— RECORDS PROVIDED —
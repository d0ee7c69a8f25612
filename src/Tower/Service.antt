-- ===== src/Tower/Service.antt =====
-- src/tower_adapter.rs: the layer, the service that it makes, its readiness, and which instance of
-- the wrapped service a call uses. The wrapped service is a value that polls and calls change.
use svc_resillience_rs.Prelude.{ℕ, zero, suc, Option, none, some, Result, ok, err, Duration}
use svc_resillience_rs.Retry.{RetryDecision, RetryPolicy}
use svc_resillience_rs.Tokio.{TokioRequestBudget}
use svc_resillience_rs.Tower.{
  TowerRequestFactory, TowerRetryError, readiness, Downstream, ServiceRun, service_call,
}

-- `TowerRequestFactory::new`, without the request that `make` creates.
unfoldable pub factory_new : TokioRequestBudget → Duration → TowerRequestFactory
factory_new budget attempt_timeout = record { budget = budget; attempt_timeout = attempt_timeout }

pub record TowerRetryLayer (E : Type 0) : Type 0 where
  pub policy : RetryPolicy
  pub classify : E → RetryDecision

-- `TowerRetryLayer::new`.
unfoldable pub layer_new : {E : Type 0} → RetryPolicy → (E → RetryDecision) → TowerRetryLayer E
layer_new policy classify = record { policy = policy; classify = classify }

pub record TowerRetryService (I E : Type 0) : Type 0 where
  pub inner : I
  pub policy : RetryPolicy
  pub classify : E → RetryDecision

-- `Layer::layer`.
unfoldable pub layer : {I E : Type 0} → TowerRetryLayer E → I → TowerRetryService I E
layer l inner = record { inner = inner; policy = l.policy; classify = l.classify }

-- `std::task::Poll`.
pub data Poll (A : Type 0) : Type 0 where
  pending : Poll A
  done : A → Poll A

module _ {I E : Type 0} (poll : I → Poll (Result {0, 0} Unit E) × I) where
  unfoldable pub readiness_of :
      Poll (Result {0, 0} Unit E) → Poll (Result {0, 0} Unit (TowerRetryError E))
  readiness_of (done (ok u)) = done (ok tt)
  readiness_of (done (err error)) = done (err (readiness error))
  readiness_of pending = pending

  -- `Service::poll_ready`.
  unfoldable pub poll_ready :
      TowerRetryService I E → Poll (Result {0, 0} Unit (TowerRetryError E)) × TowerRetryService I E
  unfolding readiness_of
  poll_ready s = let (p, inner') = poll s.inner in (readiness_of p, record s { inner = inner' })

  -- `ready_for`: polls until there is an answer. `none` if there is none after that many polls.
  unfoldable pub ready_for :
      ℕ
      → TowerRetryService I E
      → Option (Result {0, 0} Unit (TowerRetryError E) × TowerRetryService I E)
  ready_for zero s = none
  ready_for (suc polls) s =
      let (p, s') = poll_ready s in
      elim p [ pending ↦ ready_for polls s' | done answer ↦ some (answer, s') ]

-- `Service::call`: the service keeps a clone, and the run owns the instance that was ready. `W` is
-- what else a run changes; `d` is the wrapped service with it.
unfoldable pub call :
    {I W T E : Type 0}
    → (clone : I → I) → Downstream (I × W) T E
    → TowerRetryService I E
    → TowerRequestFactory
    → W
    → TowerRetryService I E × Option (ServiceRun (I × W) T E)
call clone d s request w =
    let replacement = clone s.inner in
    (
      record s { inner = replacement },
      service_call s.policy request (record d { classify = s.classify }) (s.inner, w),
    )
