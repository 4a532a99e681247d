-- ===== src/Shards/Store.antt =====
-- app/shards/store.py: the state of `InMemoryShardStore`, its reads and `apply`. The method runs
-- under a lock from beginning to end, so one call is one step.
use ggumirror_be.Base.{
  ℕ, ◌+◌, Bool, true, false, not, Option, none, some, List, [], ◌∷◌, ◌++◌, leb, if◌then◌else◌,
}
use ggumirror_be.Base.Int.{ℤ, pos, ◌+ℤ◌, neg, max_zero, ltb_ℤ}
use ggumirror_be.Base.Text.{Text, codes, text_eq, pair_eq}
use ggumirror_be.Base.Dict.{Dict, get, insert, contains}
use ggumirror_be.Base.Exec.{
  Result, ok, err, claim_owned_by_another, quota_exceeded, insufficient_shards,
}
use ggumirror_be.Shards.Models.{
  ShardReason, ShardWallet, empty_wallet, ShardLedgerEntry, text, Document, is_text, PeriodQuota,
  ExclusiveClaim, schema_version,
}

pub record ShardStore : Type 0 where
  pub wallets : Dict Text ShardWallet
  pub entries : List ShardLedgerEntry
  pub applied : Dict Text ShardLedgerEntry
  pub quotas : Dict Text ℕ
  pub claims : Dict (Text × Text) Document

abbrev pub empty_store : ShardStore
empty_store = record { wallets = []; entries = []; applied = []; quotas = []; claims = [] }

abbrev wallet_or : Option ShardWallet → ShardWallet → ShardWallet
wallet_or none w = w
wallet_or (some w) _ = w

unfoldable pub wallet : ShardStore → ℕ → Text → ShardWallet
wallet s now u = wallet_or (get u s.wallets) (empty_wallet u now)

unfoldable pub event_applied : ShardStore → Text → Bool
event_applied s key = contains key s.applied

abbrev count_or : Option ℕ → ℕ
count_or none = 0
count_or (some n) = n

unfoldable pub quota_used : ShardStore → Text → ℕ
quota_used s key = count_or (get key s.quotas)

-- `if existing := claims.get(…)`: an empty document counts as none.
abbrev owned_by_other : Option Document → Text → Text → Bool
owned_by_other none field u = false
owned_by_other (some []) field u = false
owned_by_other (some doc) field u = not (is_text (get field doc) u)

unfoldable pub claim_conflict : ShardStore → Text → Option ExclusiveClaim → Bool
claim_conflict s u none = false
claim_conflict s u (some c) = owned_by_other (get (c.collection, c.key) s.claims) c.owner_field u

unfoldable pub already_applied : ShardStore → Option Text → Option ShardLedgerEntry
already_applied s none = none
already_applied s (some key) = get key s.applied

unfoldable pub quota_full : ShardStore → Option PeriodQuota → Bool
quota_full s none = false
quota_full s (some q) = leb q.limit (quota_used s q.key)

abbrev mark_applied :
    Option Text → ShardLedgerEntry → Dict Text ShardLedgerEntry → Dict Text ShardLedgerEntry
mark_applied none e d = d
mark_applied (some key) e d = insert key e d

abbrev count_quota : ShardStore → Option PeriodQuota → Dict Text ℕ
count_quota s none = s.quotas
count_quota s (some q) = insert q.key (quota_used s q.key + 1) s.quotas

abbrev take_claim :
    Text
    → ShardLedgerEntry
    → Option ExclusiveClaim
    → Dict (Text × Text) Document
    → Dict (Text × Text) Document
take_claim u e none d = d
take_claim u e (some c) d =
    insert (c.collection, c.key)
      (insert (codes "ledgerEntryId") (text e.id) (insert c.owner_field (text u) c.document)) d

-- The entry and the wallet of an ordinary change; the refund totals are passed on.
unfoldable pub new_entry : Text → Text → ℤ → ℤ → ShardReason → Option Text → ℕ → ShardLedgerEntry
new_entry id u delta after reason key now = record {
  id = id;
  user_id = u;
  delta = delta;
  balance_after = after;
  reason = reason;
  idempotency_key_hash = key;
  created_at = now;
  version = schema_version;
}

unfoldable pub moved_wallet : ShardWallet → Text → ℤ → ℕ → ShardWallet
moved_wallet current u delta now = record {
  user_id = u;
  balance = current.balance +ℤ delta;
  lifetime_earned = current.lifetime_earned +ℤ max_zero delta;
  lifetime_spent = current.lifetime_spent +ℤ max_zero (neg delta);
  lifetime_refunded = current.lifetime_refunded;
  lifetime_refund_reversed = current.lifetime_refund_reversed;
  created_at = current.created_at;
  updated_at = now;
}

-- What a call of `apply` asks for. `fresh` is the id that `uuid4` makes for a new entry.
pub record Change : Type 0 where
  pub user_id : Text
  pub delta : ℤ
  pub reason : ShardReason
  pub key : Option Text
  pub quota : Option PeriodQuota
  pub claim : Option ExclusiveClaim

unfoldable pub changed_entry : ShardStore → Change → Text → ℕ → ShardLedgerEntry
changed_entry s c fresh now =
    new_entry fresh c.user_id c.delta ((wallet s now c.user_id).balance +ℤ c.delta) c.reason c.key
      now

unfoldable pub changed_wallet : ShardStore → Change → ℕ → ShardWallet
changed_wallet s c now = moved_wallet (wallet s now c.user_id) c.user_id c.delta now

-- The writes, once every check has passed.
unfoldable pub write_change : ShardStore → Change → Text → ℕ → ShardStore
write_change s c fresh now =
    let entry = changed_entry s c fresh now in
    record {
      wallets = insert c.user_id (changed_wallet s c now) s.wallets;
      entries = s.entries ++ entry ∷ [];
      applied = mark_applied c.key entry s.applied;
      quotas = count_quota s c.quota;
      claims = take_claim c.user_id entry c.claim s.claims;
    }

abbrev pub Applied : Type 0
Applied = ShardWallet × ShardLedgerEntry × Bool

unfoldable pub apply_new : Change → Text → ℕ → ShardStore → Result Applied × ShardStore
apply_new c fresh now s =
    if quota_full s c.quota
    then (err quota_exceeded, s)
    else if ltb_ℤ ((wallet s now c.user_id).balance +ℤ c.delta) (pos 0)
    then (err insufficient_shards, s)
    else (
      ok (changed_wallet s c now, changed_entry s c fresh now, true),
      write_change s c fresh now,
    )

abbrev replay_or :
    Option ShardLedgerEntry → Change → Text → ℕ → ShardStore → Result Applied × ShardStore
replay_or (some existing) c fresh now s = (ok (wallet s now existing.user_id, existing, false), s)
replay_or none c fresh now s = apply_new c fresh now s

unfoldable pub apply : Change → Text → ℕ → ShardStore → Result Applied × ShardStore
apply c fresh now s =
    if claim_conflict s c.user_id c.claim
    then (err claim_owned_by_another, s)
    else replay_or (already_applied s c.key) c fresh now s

— WHAT NEEDS TO BE DONE —
The answer is the run of lines above from the line containing "unfoldable pub layer_new" through the line containing "poll_ready s = let", copied exactly and alone.

— EXERCISE RESPONSE —
unfoldable pub layer_new : {E : Type 0} → RetryPolicy → (E → RetryDecision) → TowerRetryLayer E
layer_new policy classify = record { policy = policy; classify = classify }

pub record TowerRetryService (I E : Type 0) : Type 0 where
  pub inner : I
  pub policy : RetryPolicy
  pub classify : E → RetryDecision

-- `Layer::layer`.
unfoldable pub layer : {I E : Type 0} → TowerRetryLayer E → I → TowerRetryService I E
layer l inner = record { inner = inner; policy = l.policy; classify = l.classify }

-- `std::task::Poll`.
pub data Poll (A : Type 0) : Type 0 where
  pending : Poll A
  done : A → Poll A

module _ {I E : Type 0} (poll : I → Poll (Result {0, 0} Unit E) × I) where
  unfoldable pub readiness_of :
      Poll (Result {0, 0} Unit E) → Poll (Result {0, 0} Unit (TowerRetryError E))
  readiness_of (done (ok u)) = done (ok tt)
  readiness_of (done (err error)) = done (err (readiness error))
  readiness_of pending = pending

  -- `Service::poll_ready`.
  unfoldable pub poll_ready :
      TowerRetryService I E → Poll (Result {0, 0} Unit (TowerRetryError E)) × TowerRetryService I E
  unfolding readiness_of
  poll_ready s = let (p, inner') = poll s.inner in (readiness_of p, record s { inner = inner' })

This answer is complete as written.